Mahmoud Khalil was a speaker at the conference, so we're going to share some of his remarks to the crowd of thousands of people.

And after his speech, you are going to also hear our exclusive interview with Mahmoud.

So let's start with day one of the conference.

We are at the People's Conference for Palestine in Detroit.

It is Labor Day weekend.

I'm sure folks listening can hear the sound of the crowd in the background.

There were over, I just heard the count, there were over 4,000 registrants for this conference.

It's an amazing, massive group of people here.

And for sure, all of these attendees, I mean, it's People from all over the world who are here, including from Palestine, people from the West Bank and speakers from Gazeh who are going to be virtually attending, virtually speaking on panels.

It's an amazing collective.

I'm a little bit overwhelmed actually at the number of people who are here, the energy that you can feel palpable right now in this massive hall.

So as I'm looking out at this main hall, it is filled with dozens of vendors, people selling goods from Palestine, artists who are selling their work, organizers, bookstores.

There's a VR station for experiencing what Ghaze looks and feels like right now with Bissan from Ghaze.

I was really looking forward, I think, to coming to the conference for this exact feeling, which is being part of a collective,

the proofs in the masses of people who are here that we are part of a massive global majority that stands in solidarity with Palestine, that is focused and dedicated to Palestinian liberation, and that wants to see an end to this genocide.

Not just an end to the genocide, actually, but organizing and pushing and fighting even beyond that for a free and liberated Palestine from the river to the sea.

And you know, when we're in our locales, whether we're organizing or we're just, you know, people going out into the streets and protesting, it can feel really isolating in this moment.

And being at the People's Conference right now, I am feeling exactly like the power of all of us in one space together.

Obviously, not all of us, not everybody in this global majority, but to have an opportunity to convene with people who are in this movement alongside one another, but this proves like really we are shoulder to shoulder in this fight together.

Okay, so we're going to take you into the main hall where all of the plenary panels and the keynote, the keynote addresses are going to take place.

This ballroom space has been renamed this weekend Anas al-Sharif Hall, of course, after the assassinated reporter in Ghazi, Anas al-Sharif.

All of the meeting spaces, all of the speaking rooms, it's been renamed after a prisoner or a martyr of this genocide.

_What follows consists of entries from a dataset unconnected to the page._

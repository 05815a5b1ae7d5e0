-- ===== src/Ota.antt =====
-- src/OTA/ota_manager.c: the transports, and the update that its thread carries out. Flash and boot loader are
-- the kernel's: a parameter answers each of their calls. The write buffer is the list of the bytes in it,
-- and the flash the list of the writes since it was erased, newest first. The text of the status and the
-- progress callback, which are told what the state says, are not modelled.
pub mod Image
pub mod Update
pub mod Thread
mod Tests
use akira_os.Prelude.{
  ℕ, zero, suc, ◌+◌, ◌-◌, ◌*◌, ◌/◌, ◌%◌, ◌^◌, ◌<◌, ◌≤◌, ◌≡◌, get_or, min, Bool, true, false, not,
  ◌&&◌, ◌||◌, Option, none, some, List, [], ◌∷◌, ◌++◌, if◌then◌else◌, ltb, leb, ◌==◌, take, drop,
  replicate, length, CString, str_eq, find_index, remove_at,
}

-- OTA_WRITE_BUFFER_SIZE, OTA_PROGRESS_REPORT_INTERVAL, MAX_OTA_TRANSPORTS
abbrev pub write_buffer_size : ℕ
write_buffer_size = 4096

abbrev pub progress_report_interval : ℕ
progress_report_interval = 8192

abbrev pub max_ota_transports : ℕ
max_ota_transports = 4

pub data OtaState : Type 0 where
  idle in_progress receiving validating installing complete error : OtaState

pub data OtaResult : Type 0 where
  fine invalid_param not_initialized already_in_progress flash_open_failed flash_erase_failed
        flash_write_failed :
      OtaResult
  invalid_image signature_verification insufficient_space timeout boot_request_failed : OtaResult

abbrev pub is_fine : OtaResult → Bool
is_fine OtaResult.fine = true
is_fine _ = false

abbrev pub is_idle : OtaState → Bool
is_idle OtaState.idle = true
is_idle _ = false

abbrev pub is_receiving : OtaState → Bool
is_receiving OtaState.receiving = true
is_receiving _ = false

-- A write: where, and what.
abbrev pub Write : Type 0
Write = ℕ × List ℕ

-- What writes without a gap or an overlap, from the start of the area on, have put there.
abbrev pub laid : List Write → Option (List ℕ)
laid [] = some []
laid (w ∷ ws) = elim (laid ws) [
  | none ↦ none
  | some before ↦ if w.0 == length before then some (before ++ w.1) else none
]

-- The first four bytes as a little-endian number; a byte that is not written since the erasure is 255.
abbrev pub word_of : List ℕ → ℕ
word_of bytes =
    get_or bytes 0 255
    + get_or bytes 1 255 * 2 ^ 8
    + get_or bytes 2 255 * 2 ^ 16
    + get_or bytes 3 255 * 2 ^ 24

-- The secondary flash area, of which the call number n of each kind answers, and ROUND_UP to its alignment.
-- `read_magic` is `flash_area_read` of the area's first four bytes after these writes, `none` if it fails;
-- if it does not, it gives what was written (`read-back`).
pub record Flash : Type 0 where
  pub fa_size : ℕ
  pub opens : ℕ → Bool
  pub erases : ℕ → Bool
  pub writes : ℕ → Bool
  pub requests : ℕ → Bool
  pub confirms : ℕ → Bool
  pub read_magic : ℕ → List Write → Option ℕ
  pub round_up : ℕ → ℕ
  pub size-small : fa_size < 2 ^ 32
  pub le-round_up : (n : ℕ) → n ≤ round_up n
  pub read-back :
      (n : ℕ) (ws : List Write) (bytes : List ℕ) (m : ℕ)
      → laid ws ≡ some bytes
      → read_magic n ws ≡ some m
      → m ≡ word_of bytes
  pub round_up-small : (n : ℕ) → n ≤ write_buffer_size → round_up n < 2 ^ 16

-- `ota_status`, the buffer, whether `secondary_fa` is open, the flash, and the number of calls so far.
pub record Ota : Type 0 where
  pub state : OtaState
  pub last_error : OtaResult
  pub total_size : ℕ
  pub bytes_written : ℕ
  pub last_progress_report : ℕ
  pub percentage : ℕ
  pub buffer : List ℕ
  pub is_open : Bool
  pub flash : List Write
  pub calls : ℕ

-- `ota_manager_init`; the flash holds what it held before.
unfoldable pub ota_manager_init : List Write → Ota
ota_manager_init flash = record {
  state = OtaState.idle;
  last_error = OtaResult.fine;
  total_size = 0;
  bytes_written = 0;
  last_progress_report = 0;
  percentage = 0;
  buffer = [];
  is_open = false;
  flash = flash;
  calls = 0;
}

-- The registered transports, by name.
unfoldable pub ota_manager_register_transport :
    List CString → Option CString → OtaResult × List CString
ota_manager_register_transport ts none = (OtaResult.invalid_param, ts)
ota_manager_register_transport ts (some name) =
    if leb max_ota_transports (length ts)
    then (OtaResult.insufficient_space, ts)
    else elim (find_index (λ t. str_eq t name) ts) [
      | some i ↦ (OtaResult.already_in_progress, ts)
      | none ↦ (OtaResult.fine, ts ++ name ∷ [])
    ]

-- The registered transports are kept packed, in order.
unfoldable pub ota_manager_unregister_transport :
    List CString → Option CString → OtaResult × List CString
ota_manager_unregister_transport ts none = (OtaResult.invalid_param, ts)
ota_manager_unregister_transport ts (some name) = elim (find_index (λ t. str_eq t name) ts) [
  | none ↦ (OtaResult.not_initialized, ts)
  | some i ↦ (OtaResult.fine, remove_at i ts)
]

abbrev pub update_progress_fast : OtaState → Ota → Ota
update_progress_fast state s = record s {
  state = state;
  percentage =
      if ltb 0 s.total_size then (s.bytes_written * 100 / s.total_size) % 2 ^ 8 else s.percentage;
}

abbrev pub set_error : OtaResult → Ota → Ota
set_error e s = record s { state = OtaState.error; last_error = e }

-- One more call of flash or boot loader.
abbrev pub asked : Ota → Ota
asked s = record s { calls = s.calls + 1 }

module _ (F : Flash) where
  unfoldable pub flush_write_buffer : Ota → OtaResult × Ota
  flush_write_buffer s =
      let aligned_size = F.round_up (length s.buffer) % 2 ^ 16 in
      let write_offset = s.bytes_written - length s.buffer in
      let padded = take aligned_size (s.buffer ++ replicate (aligned_size - length s.buffer) 255) in
      if length s.buffer == 0 || not s.is_open
      then (OtaResult.fine, s)
      else if ltb write_buffer_size aligned_size
      then (OtaResult.flash_write_failed, s)
      else if not (F.writes s.calls)
      then (OtaResult.flash_write_failed, asked s)
      else (
        OtaResult.fine,
        record (asked s) { flash = (write_offset, padded) ∷ s.flash; buffer = [] },
      )

  unfoldable pub do_abort_update : Ota → OtaResult × Ota
  unfolding flush_write_buffer
  do_abort_update s =
      let flushed = if s.is_open then (flush_write_buffer s).1 else s in
      (
        OtaResult.fine,
        record flushed {
          is_open = false;
          state = OtaState.idle;
          total_size = 0;
          bytes_written = 0;
          percentage = 0;
          last_error = OtaResult.fine;
          buffer = [];
        },
      )

  -- `do_start_update` once the earlier update is gone.
  unfoldable pub start_fresh : Ota → ℕ → OtaResult × Ota
  start_fresh s expected_size =
      let closed = record s { is_open = false; buffer = [] } in
      if not (F.opens closed.calls)
      then (OtaResult.flash_open_failed, update_progress_fast OtaState.error (asked closed))
      else let opened =
          update_progress_fast OtaState.receiving (record (asked closed) { is_open = true }) in
        if not (F.erases opened.calls)
        then (
          OtaResult.flash_erase_failed,
          update_progress_fast OtaState.error (record (asked opened) { is_open = false }),
        )
        else (
          OtaResult.fine,
          update_progress_fast OtaState.receiving (record (asked opened) {
            flash = [];
            total_size = if ltb 0 expected_size then expected_size else F.fa_size;
            bytes_written = 0;
            percentage = 0;
            last_error = OtaResult.fine;
            last_progress_report = 0;
          }),
        )

  unfoldable pub do_start_update : Ota → ℕ → OtaResult × Ota
  unfolding do_abort_update start_fresh
  do_start_update s expected_size =
      start_fresh (if is_idle s.state then s else (do_abort_update s).1) expected_size

  -- The report of progress at the end of a round of the loop below.
  abbrev pub report : Ota → Ota
  report s =
      if leb (s.last_progress_report + progress_report_interval) s.bytes_written
      then record (update_progress_fast OtaState.receiving s) {
        last_progress_report = s.bytes_written;
      }
      else s

  -- A round: to copy what fits, and to flush a full buffer.
  abbrev pub copied : Ota → List ℕ → ℕ → Ota
  copied s bytes n = record s {
    buffer = s.buffer ++ take n bytes;
    bytes_written = (s.bytes_written + n) % 2 ^ 32;
  }

  abbrev pub flush_full : Ota → OtaResult × Ota
  flush_full s =
      if leb write_buffer_size (length s.buffer) then flush_write_buffer s else (OtaResult.fine, s)

  -- The loop of `do_write_chunk` on fuel.
  unfoldable pub write_loop : ℕ → Ota → List ℕ → Option (OtaResult × Ota)
  unfolding flush_write_buffer
  write_loop zero s bytes = none
  write_loop (suc fuel) s [] = some (OtaResult.fine, s)
  write_loop (suc fuel) s (c ∷ cs) =
      let n = min (length (c ∷ cs)) (write_buffer_size - length s.buffer) in
      let r = flush_full (copied s (c ∷ cs) n) in
      let rest = write_loop fuel (report r.1) (drop n (c ∷ cs)) in
      if is_fine r.0 then rest else some (r.0, report r.1)

  -- `none` only if the fuel does not suffice.
  unfoldable pub do_write_chunk : ℕ → Ota → List ℕ → Option (OtaResult × Ota)
  unfolding write_loop
  do_write_chunk fuel s bytes =
      let after = write_loop fuel s bytes in
      if not s.is_open || length bytes == 0
      then some (OtaResult.not_initialized, s)
      else if not (is_receiving s.state)
      then some (OtaResult.invalid_param, s)
      else if ltb F.fa_size (s.bytes_written + length bytes)
      then some (OtaResult.insufficient_space, s)
      else if ltb 0 s.total_size && ltb s.total_size (s.bytes_written + length bytes)
      then some (OtaResult.insufficient_space, s)
      else after

  -- The magic number of an image.
  abbrev pub image_magic : ℕ
  image_magic = 2532554813

  abbrev pub is_image : Option ℕ → Bool
  is_image none = false
  is_image (some m) = m == image_magic

  -- `do_finalize_update` once the buffer is flushed.
  unfoldable pub install : Ota → OtaResult × Ota
  install s =
      let checked = update_progress_fast OtaState.validating s in
      let ready = update_progress_fast OtaState.installing (asked checked) in
      if checked.bytes_written == 0
      then (OtaResult.invalid_image, set_error OtaResult.invalid_image checked)
      else if not (is_image (F.read_magic checked.calls checked.flash))
      then (OtaResult.invalid_image, set_error OtaResult.invalid_image (asked checked))
      else if not (F.requests ready.calls)
      then (OtaResult.boot_request_failed, set_error OtaResult.boot_request_failed (asked ready))
      else (
        OtaResult.fine,
        update_progress_fast OtaState.complete (record (asked ready) { is_open = false }),
      )

  unfoldable pub do_finalize_update : Ota → OtaResult × Ota
  unfolding flush_write_buffer install
  do_finalize_update s =
      if not s.is_open
      then (OtaResult.not_initialized, s)
      else if not (is_receiving s.state)
      then (OtaResult.invalid_param, s)
      else let r = flush_write_buffer s in if not (is_fine r.0) then r else install r.1

  unfoldable pub do_confirm_firmware : Ota → OtaResult × Ota
  do_confirm_firmware s =
      ((if F.confirms s.calls then OtaResult.fine else OtaResult.boot_request_failed), asked s)

pub ota_is_update_in_progress : Ota → Bool
ota_is_update_in_progress s = elim s.state [
  | OtaState.receiving ↦ true
  | OtaState.validating ↦ true
  | OtaState.installing ↦ true
  | _ ↦ false
]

And again, just keeping Gaza as the compass so that in every step of the way, in every aspect of this program, we know that Gaza is what is bringing us all together and Gaza is what we're fighting for.

So as sessions are about to start, as this program is about to open, there's a really palpable energy for everybody here looking forward to the program starting.

So tune in.

We are so excited to be able to bring our listeners along, to join us in what we will be discussing this weekend, the people that we're going to be able to talk to this weekend, in everybody in this mass recommitment to the end of the genocide in Gaza and to freedom for Palestine.

Our next speaker is one of the students that Hattin mentioned that refused to stay silent about Gaza.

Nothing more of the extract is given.